__Input data__:

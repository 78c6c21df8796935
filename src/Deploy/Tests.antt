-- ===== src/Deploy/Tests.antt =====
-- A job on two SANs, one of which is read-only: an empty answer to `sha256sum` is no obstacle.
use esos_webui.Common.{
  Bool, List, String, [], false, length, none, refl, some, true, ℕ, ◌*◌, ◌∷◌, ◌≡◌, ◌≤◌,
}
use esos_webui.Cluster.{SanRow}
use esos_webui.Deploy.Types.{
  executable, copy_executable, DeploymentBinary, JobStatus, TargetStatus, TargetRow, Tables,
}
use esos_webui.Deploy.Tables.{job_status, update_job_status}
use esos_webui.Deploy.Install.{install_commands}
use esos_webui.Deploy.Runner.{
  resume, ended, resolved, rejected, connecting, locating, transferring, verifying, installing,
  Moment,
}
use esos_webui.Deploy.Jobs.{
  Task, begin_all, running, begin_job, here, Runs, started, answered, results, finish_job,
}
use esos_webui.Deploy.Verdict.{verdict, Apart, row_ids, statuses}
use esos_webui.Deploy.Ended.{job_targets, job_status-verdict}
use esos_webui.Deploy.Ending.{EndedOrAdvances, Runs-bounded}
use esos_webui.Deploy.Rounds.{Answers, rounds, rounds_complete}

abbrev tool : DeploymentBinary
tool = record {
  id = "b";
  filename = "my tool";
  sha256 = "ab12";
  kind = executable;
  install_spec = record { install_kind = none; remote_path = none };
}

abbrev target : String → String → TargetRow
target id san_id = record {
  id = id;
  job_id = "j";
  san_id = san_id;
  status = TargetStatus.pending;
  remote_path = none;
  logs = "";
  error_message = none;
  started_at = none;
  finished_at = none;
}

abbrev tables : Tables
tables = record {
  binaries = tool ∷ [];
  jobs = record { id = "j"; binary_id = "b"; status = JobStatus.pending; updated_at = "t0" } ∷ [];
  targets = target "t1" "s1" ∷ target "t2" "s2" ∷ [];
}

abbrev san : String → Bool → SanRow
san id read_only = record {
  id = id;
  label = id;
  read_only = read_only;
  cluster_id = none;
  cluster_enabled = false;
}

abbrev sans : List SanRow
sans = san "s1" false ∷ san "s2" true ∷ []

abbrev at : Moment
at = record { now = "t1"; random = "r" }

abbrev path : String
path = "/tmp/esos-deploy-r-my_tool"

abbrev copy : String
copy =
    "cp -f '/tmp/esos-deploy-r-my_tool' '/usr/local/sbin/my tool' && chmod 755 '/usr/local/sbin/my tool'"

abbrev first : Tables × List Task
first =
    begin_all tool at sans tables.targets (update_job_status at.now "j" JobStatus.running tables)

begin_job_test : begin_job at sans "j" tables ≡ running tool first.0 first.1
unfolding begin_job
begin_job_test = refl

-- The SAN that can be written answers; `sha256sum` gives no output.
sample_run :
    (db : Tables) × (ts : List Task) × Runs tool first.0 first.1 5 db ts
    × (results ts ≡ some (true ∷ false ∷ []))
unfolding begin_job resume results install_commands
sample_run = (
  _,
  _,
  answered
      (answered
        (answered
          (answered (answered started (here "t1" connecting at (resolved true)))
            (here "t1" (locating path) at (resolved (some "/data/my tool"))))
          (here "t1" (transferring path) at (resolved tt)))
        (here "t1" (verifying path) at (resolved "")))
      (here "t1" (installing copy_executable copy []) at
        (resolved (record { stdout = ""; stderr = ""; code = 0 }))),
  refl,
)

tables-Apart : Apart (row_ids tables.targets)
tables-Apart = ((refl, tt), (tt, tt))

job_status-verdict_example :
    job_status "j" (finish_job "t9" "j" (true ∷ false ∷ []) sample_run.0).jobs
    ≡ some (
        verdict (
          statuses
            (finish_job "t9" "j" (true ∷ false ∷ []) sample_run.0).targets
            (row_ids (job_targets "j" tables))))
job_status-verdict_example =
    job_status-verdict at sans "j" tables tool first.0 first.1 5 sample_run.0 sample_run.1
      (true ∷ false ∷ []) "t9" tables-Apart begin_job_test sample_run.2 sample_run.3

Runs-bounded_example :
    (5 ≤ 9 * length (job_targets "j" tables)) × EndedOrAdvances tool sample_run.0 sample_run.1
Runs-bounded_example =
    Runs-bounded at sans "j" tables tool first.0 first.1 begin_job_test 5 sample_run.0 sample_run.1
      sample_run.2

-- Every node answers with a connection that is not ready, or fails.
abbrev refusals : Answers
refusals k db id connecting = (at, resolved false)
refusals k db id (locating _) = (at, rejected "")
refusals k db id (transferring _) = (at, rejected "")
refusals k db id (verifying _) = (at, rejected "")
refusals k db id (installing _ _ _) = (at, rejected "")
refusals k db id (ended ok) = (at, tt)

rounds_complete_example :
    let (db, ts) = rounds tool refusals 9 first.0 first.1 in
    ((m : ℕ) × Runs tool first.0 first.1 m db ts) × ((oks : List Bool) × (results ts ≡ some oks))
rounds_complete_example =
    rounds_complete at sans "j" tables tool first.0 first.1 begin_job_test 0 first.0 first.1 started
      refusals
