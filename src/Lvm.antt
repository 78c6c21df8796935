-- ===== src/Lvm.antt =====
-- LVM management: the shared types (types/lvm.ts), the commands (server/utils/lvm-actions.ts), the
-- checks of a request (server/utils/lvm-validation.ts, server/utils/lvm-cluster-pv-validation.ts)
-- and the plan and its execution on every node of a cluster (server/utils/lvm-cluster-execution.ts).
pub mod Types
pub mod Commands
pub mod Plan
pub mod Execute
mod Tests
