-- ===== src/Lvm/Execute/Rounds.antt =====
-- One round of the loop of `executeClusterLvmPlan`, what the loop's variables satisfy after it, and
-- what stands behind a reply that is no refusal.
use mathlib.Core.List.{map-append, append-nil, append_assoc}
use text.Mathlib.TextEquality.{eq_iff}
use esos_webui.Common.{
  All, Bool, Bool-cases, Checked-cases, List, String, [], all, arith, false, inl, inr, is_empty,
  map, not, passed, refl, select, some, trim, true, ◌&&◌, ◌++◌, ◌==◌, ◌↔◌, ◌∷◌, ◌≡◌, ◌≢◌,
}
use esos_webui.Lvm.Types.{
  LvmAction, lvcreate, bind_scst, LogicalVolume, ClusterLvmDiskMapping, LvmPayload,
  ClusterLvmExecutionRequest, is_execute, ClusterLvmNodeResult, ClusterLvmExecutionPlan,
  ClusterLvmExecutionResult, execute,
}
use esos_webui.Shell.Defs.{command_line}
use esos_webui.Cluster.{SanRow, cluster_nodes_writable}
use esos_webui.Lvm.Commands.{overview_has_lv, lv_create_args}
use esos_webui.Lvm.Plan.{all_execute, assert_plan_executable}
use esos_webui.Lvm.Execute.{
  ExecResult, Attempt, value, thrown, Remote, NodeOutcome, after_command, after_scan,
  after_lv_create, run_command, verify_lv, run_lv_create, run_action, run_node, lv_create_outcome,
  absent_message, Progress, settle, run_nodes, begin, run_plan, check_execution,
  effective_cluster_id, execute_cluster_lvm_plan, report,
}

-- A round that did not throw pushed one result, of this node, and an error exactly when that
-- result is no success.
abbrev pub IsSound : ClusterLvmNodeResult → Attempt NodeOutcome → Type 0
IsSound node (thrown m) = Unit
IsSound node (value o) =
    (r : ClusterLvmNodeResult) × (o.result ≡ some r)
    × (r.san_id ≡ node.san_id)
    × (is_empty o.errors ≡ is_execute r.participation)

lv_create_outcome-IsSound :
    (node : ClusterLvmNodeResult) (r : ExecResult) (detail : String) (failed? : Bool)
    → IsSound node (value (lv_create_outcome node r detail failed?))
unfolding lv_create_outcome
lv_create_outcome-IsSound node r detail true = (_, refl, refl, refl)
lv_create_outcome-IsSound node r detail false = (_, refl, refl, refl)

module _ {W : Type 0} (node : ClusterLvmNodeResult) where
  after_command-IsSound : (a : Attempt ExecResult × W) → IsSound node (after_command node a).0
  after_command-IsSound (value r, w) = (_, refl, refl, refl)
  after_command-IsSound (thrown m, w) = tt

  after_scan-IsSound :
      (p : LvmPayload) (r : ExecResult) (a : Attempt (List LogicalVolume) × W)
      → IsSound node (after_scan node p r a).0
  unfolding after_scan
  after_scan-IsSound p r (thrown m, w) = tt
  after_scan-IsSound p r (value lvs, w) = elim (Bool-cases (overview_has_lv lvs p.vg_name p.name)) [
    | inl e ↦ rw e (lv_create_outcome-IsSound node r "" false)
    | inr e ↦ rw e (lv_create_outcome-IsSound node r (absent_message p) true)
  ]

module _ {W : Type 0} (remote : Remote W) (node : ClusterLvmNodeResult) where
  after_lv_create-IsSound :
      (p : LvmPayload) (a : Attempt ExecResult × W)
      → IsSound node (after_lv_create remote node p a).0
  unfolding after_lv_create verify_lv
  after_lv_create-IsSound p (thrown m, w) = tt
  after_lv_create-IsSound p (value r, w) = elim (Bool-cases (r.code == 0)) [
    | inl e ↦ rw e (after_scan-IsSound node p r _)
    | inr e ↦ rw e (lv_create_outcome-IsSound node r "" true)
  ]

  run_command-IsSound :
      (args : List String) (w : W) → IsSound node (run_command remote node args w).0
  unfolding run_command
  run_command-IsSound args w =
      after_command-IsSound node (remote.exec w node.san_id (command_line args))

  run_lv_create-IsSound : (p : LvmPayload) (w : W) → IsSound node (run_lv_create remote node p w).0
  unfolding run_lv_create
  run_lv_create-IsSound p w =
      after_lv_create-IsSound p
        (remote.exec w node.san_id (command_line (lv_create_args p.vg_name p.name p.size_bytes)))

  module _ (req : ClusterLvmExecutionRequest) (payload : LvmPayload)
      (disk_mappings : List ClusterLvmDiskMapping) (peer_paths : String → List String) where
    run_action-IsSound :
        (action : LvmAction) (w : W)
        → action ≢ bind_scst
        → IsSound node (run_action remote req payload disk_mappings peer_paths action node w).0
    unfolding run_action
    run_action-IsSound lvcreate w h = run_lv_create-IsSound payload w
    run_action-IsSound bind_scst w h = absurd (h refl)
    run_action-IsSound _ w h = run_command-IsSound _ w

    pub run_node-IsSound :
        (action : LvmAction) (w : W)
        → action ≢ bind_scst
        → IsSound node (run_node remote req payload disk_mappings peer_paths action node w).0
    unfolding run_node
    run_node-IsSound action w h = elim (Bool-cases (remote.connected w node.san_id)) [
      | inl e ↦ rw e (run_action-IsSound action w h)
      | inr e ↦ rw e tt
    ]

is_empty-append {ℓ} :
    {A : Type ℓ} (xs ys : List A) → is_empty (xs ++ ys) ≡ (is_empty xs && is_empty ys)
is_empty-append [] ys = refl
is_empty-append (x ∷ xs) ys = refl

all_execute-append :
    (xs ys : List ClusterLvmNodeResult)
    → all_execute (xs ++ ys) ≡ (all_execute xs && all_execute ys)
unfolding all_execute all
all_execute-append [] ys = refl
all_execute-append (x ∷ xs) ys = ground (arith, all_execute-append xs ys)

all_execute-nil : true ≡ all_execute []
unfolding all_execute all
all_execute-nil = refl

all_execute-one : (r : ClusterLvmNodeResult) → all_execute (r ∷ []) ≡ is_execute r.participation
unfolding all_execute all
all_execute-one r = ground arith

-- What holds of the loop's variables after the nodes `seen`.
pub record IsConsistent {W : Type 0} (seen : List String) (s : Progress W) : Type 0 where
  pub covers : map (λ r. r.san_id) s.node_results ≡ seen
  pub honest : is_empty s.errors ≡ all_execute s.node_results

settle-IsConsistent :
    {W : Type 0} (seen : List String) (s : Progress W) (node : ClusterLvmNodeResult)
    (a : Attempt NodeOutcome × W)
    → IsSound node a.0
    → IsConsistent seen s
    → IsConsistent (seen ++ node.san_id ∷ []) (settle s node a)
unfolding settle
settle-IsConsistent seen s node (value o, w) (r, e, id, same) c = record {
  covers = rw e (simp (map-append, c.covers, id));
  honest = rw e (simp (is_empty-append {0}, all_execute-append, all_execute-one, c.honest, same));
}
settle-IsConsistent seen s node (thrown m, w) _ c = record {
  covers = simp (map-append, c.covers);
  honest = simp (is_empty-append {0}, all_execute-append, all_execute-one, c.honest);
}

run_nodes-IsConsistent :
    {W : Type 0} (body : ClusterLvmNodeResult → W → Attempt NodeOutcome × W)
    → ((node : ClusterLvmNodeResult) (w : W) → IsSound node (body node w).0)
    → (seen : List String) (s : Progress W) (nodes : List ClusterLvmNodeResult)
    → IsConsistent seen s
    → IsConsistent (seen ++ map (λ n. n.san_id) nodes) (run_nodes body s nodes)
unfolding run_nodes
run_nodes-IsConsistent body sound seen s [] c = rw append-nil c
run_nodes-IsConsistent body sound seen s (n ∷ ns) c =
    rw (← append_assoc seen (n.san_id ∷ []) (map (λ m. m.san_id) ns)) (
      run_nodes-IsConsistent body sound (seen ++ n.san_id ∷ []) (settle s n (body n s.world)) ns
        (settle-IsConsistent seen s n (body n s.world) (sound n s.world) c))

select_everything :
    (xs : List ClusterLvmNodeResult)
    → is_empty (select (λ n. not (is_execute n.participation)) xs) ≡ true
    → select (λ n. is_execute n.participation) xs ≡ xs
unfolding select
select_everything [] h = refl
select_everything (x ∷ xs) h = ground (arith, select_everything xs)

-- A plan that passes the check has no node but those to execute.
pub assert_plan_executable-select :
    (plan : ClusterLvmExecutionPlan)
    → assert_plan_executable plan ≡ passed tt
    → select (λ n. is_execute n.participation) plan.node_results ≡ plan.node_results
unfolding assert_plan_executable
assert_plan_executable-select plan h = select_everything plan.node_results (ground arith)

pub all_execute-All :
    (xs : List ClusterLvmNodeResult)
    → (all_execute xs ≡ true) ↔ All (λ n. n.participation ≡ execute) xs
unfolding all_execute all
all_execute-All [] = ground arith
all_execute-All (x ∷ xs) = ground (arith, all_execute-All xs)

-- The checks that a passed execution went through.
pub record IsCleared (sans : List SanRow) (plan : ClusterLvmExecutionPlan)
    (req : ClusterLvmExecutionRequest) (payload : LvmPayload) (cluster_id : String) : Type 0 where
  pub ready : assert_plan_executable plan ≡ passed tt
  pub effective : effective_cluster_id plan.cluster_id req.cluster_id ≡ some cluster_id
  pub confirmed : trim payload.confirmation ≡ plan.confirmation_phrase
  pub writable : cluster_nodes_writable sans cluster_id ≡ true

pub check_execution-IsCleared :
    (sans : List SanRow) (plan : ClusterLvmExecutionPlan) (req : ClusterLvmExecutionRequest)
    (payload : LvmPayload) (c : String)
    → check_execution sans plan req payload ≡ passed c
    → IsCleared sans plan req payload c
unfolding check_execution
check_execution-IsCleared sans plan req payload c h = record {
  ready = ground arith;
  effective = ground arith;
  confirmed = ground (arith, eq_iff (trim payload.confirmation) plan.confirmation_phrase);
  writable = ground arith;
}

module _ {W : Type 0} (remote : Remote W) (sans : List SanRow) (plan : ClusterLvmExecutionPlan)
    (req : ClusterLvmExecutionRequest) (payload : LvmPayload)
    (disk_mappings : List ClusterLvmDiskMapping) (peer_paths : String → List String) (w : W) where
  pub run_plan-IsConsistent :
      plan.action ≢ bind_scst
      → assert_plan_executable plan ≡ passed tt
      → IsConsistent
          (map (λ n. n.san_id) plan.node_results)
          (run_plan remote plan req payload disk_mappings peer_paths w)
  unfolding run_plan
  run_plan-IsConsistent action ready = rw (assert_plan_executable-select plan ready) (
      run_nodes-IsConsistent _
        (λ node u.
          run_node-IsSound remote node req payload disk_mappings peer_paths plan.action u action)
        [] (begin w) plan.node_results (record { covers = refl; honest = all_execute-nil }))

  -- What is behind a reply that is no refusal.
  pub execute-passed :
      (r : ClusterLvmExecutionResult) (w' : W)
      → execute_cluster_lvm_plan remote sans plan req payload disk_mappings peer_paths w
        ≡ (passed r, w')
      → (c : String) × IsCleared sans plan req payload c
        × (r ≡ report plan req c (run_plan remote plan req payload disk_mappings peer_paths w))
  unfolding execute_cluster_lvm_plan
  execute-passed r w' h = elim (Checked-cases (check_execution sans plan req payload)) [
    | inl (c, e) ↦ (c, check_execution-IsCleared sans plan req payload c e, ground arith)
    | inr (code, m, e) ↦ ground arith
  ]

__Task requirements__: The required answer is each line of the entries containing the string "TargetRow".

__Task answer__:
  executable, copy_executable, DeploymentBinary, JobStatus, TargetStatus, TargetRow, Tables,
abbrev target : String → String → TargetRow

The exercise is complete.